§ Problem details: Where in the material does the word "recorded" appear? Copy each line that has it.

§ Available data:
Content starts

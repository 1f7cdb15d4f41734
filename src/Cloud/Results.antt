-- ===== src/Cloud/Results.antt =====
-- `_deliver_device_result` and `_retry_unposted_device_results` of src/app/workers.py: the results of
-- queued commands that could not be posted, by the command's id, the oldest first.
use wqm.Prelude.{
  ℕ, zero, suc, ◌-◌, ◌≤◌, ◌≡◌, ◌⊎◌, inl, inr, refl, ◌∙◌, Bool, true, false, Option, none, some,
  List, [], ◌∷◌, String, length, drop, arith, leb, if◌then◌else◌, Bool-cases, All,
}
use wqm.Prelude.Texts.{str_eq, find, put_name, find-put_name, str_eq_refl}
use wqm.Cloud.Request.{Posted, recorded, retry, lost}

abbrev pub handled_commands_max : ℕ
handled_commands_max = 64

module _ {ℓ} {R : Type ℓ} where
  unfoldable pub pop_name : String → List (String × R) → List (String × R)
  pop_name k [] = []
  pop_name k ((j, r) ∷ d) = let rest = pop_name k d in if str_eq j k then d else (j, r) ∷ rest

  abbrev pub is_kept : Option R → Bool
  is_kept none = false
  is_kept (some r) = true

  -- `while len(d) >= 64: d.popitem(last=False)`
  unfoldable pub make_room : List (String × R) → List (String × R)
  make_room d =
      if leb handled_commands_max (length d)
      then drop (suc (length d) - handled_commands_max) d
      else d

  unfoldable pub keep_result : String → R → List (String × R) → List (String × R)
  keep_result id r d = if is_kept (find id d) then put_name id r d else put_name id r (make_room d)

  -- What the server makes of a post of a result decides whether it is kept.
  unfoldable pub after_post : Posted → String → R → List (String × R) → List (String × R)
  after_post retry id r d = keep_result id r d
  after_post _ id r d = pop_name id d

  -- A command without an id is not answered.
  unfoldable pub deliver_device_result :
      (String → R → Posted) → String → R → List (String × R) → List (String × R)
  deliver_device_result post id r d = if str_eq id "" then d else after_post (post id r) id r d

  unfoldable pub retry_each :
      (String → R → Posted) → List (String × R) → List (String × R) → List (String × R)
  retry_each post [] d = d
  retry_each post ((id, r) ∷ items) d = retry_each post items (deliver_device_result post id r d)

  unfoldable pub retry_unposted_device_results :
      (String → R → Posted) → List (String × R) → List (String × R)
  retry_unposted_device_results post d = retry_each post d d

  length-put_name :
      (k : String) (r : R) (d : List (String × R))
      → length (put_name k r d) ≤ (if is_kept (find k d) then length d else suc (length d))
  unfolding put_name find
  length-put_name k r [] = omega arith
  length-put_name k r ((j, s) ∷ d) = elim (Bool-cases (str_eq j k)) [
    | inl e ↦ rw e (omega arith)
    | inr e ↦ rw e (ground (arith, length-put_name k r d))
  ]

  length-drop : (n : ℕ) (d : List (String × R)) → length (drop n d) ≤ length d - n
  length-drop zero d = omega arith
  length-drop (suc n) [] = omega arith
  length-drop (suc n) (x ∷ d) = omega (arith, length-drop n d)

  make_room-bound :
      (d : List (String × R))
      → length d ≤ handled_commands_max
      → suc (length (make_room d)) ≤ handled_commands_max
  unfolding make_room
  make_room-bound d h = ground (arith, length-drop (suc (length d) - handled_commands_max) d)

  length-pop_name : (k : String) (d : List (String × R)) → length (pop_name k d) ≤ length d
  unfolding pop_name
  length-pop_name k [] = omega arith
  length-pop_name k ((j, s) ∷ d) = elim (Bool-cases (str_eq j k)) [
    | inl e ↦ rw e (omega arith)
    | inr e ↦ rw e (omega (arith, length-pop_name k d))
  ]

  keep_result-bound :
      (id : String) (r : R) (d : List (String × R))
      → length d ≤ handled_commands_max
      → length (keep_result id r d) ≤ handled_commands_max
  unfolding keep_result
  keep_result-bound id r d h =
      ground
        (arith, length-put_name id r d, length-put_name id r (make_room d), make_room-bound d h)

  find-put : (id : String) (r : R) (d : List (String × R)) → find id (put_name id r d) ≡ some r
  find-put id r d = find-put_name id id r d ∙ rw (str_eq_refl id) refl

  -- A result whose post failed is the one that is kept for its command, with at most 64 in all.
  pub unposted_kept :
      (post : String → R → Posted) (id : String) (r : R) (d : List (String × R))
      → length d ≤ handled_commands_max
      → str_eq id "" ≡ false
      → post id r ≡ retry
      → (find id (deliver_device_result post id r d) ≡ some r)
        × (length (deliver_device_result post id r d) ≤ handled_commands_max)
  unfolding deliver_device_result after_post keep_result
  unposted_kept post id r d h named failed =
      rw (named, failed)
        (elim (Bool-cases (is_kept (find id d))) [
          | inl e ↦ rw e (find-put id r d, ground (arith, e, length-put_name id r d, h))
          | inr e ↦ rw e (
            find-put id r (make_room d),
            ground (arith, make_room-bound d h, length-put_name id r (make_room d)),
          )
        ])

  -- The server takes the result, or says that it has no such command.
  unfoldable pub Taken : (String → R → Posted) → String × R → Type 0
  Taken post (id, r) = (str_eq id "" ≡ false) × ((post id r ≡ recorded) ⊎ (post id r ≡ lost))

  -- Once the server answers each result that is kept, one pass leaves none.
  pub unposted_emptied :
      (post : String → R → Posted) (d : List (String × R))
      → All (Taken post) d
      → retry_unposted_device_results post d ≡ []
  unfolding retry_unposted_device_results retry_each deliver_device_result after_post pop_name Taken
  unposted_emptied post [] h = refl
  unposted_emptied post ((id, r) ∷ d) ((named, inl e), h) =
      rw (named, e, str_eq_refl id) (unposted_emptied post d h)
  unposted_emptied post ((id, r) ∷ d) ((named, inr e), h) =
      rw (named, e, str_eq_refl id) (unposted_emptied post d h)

Content ends

§ Response to the exercise:
use wqm.Cloud.Request.{Posted, recorded, retry, lost}
  Taken post (id, r) = (str_eq id "" ≡ false) × ((post id r ≡ recorded) ⊎ (post id r ≡ lost))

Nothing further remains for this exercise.